我们修改的文件,或者新增加的文件,通过git add命令是先提交到本地的缓存区(Stage),然后通过commit命令才是提交到具体的分支(比如默认构建的分支master)上,更新到最新的文件状态。

git_work_flow.jpeg

另外,git管理的是修改,而不是文件本身。这一页的教程很好的说明了这个例子。主要是做了这么个实验:修改文件 -》git add -》修改文件 -》 git commit。 最后只执行添加了第一次的修改,因为第二次的还没有添加到缓存区。(Git是跟踪修改的,每次修改,如果不add到暂存区,那就不会加入到commit中。)


撤销修改

# 改乱了工作区某个文件的内容,想直接丢弃工作区的修改,该没有git add
git checkout -- file

# 改乱了工作区某个文件的内容,还添加到了暂存区时,想丢弃修改
git reset HEAD file
git checkout -- file

删除文件

# 用linux的命令删除,同步
$ remove test.txt
$ git add .
$ git commit -m "delete test"

# 用git rm删除,直接同步
$ git rm test.txt
rm 'test.txt'
$ git commit -m "remove test.txt"
[master d17efd8] remove test.txt
 1 file changed, 1 deletion(-)
 delete mode 100644 test.txt
 
# 恢复刚才删除的文件(checkout是撤销修改,删除操作也是一种修改)
$ git checkout -- test.txt

关联一个远程库

先有本地库,后有远程库的时候,如何关联远程库

# 关联
git remote add origin git@github.com:user_name/repo-name.git

# 推送。
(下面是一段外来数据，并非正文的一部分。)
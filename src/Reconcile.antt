-- ===== src/Reconcile.antt =====
-- modules/payments/payment-reconcile.service.ts: the scan that verifies charges that nobody has reported.
pub mod Laws
mod Examples
use mathlib.Core.List.{reverse}
use meduman_backend.Prelude.{ltb, if◌then◌else◌, length, take, ℕ, ◌+◌, Bool, ◌&&◌, List, [], ◌∷◌}
use meduman_backend.Store.Rows.{Payment}
use meduman_backend.Store.World.{payment_table}
use meduman_backend.Store.Action.{Result, ok, err, Action, pure, ◌>>=◌, ◌>>◌, select_many, attempt}
use meduman_backend.Paystack.{Provider}
use meduman_backend.Payments.{is_paid, is_pending, reconcile_payment}

-- `where: { status: PENDING, createdAt: { lt: cutoff } }`
abbrev pub is_stranded_charge : (threshold_ms now : ℕ) → Payment → Bool
is_stranded_charge threshold_ms now p = is_pending p.status && ltb (p.created_at + threshold_ms) now

abbrev pub reached_success : Result Payment → ℕ
reached_success (ok p) = if is_paid p.status then 1 else 0
reached_success (err e) = 0

module _ (provider : Provider) where
  -- One turn of the loop: 1 where the payment has come to SUCCESS, and nothing is thrown.
  unfoldable pub reconcile_one : Payment → Action ℕ
  reconcile_one payment = do
    outcome ← attempt (reconcile_payment provider payment.id)
    pure (reached_success outcome)

  -- The loop
  unfoldable pub reconcile_all : List Payment → Action ℕ
  reconcile_all [] = pure 0
  reconcile_all (p ∷ ps) = do first ← reconcile_one p; rest ← reconcile_all ps; pure (first + rest)

  -- `reconcilePending`: how many were checked, and how many reached SUCCESS. A table lists its rows newest first, and
  -- the scan takes the oldest 100.
  unfoldable pub reconcile_pending : (threshold_ms now : ℕ) → Action (ℕ × ℕ)
  reconcile_pending threshold_ms now = do
    rows ← select_many payment_table (is_stranded_charge threshold_ms now)
    let stranded = take 100 (reverse rows)
    protected_count ← reconcile_all stranded
    pure (length stranded, protected_count)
第一次用u参数,同步且建立关联
git push -u origin master

# 以后的推送
git push origin master

克隆远程库

Git支持多种协议,包括https,但通过ssh支持的原生git协议速度最快

# clone remote repo
$ git clone git@github.com:michaelliao/gitskills.git
Cloning into 'gitskills'...

创建与合并分支

这里有一系列的图,来形象的说明分支相关的概念和操作

# -b 创建并切换到一个新的分支
$ git checkout -b dev
Switched to a new branch 'dev'

# 查看所有的分支, * 表示当前正在使用的分支
$ git branch
* dev
  master
  
# 在branch分支完成add操作
$ git add readme.txt 
$ git commit -m "branch test"
[dev fec145a] branch test
 1 file changed, 1 insertion(+)

# 切换分支
$ git checkout master
Switched to branch 'master'

# 合并指定分支到当前所在分支
$ git merge dev
Updating d17efd8..fec145a
Fast-forward
 readme.txt |    1 +
 1 file changed, 1 insertion(+)
 
# 删除分支
$ git branch -d dev
Deleted branch dev (was fec145a).

多人协作

查看远程

$ git remote
origin

# 查看远程库的详细信息
gongjing@hekekedeiMac ~/Dropbox/test (git)-[master] % git remote -v
origin	https://github.com/Tsinghua-gongjing/test.git (fetch)
origin	https://github.com/Tsinghua-gongjing/test.git (push)

推送分支

# origin(远程分支名称), master(本地分支名称)
$ git push origin master  

抓取、合并分支

# 当本地和远程的不一致的时候,比如在远程网页界面修改过代码(远程分支比你的本地更新),此时本地的修改不能直接推送
$ git push origin dev
To git@github.com:michaelliao/learngit.git
 ! [rejected]        dev -> dev (non-fast-forward)
error: failed to push some refs to 'git@github.com:michaelliao/learngit.git'
hint: Updates were rejected because the tip of your current branch is behind
hint: its remote counterpart. Merge the remote changes (e.g. 'git pull')
hint: before pushing again.
hint: See the 'Note about fast-forwards' in 'git push --help' for details.

# 需要先抓取下来,再进行本地修改的推送
$ git pull
$ git add
$ git push

标签

# 本来commit id是一窜无意义的字符窜,所以可以打上标签;默认标签是打在最新提交的commit上的
$ git tag v1.0

# 对之前的某个commit进行打标签,6224937就是commit id 
$ git tag v0.9 6224937

$ git show v0.9

# 删除标签
$ git tag -d v0.1
Deleted tag 'v0.1' (was e078af9)

# 推送某个标签到远程
$ git push origin v1.0
Total 0 (delta 0), reused 0 (delta 0)
To git@github.com:michaelliao/learngit.git
 * [new tag]         v1.0 -> v1.0

# 把所有的标签都推送
$ git push origin --tags

参加开源项目:pull-request

先把想参与的项目Fork到自己的仓库,然后从自己的仓库clone下来,修改提交;再向源发一个pull request(不一定会被接收)。

搭建git服务器

这里是教如何自己搭建一个git服务器的,其实git相当于也是一个软件,可以在各个地方安装。

注意

  1. 当初始化一个项目时,如果只是先添加空文件夹,然后提交,是不能正常推送的,因为此时没有文件的添加或者修改(虽然有新建文件夹)。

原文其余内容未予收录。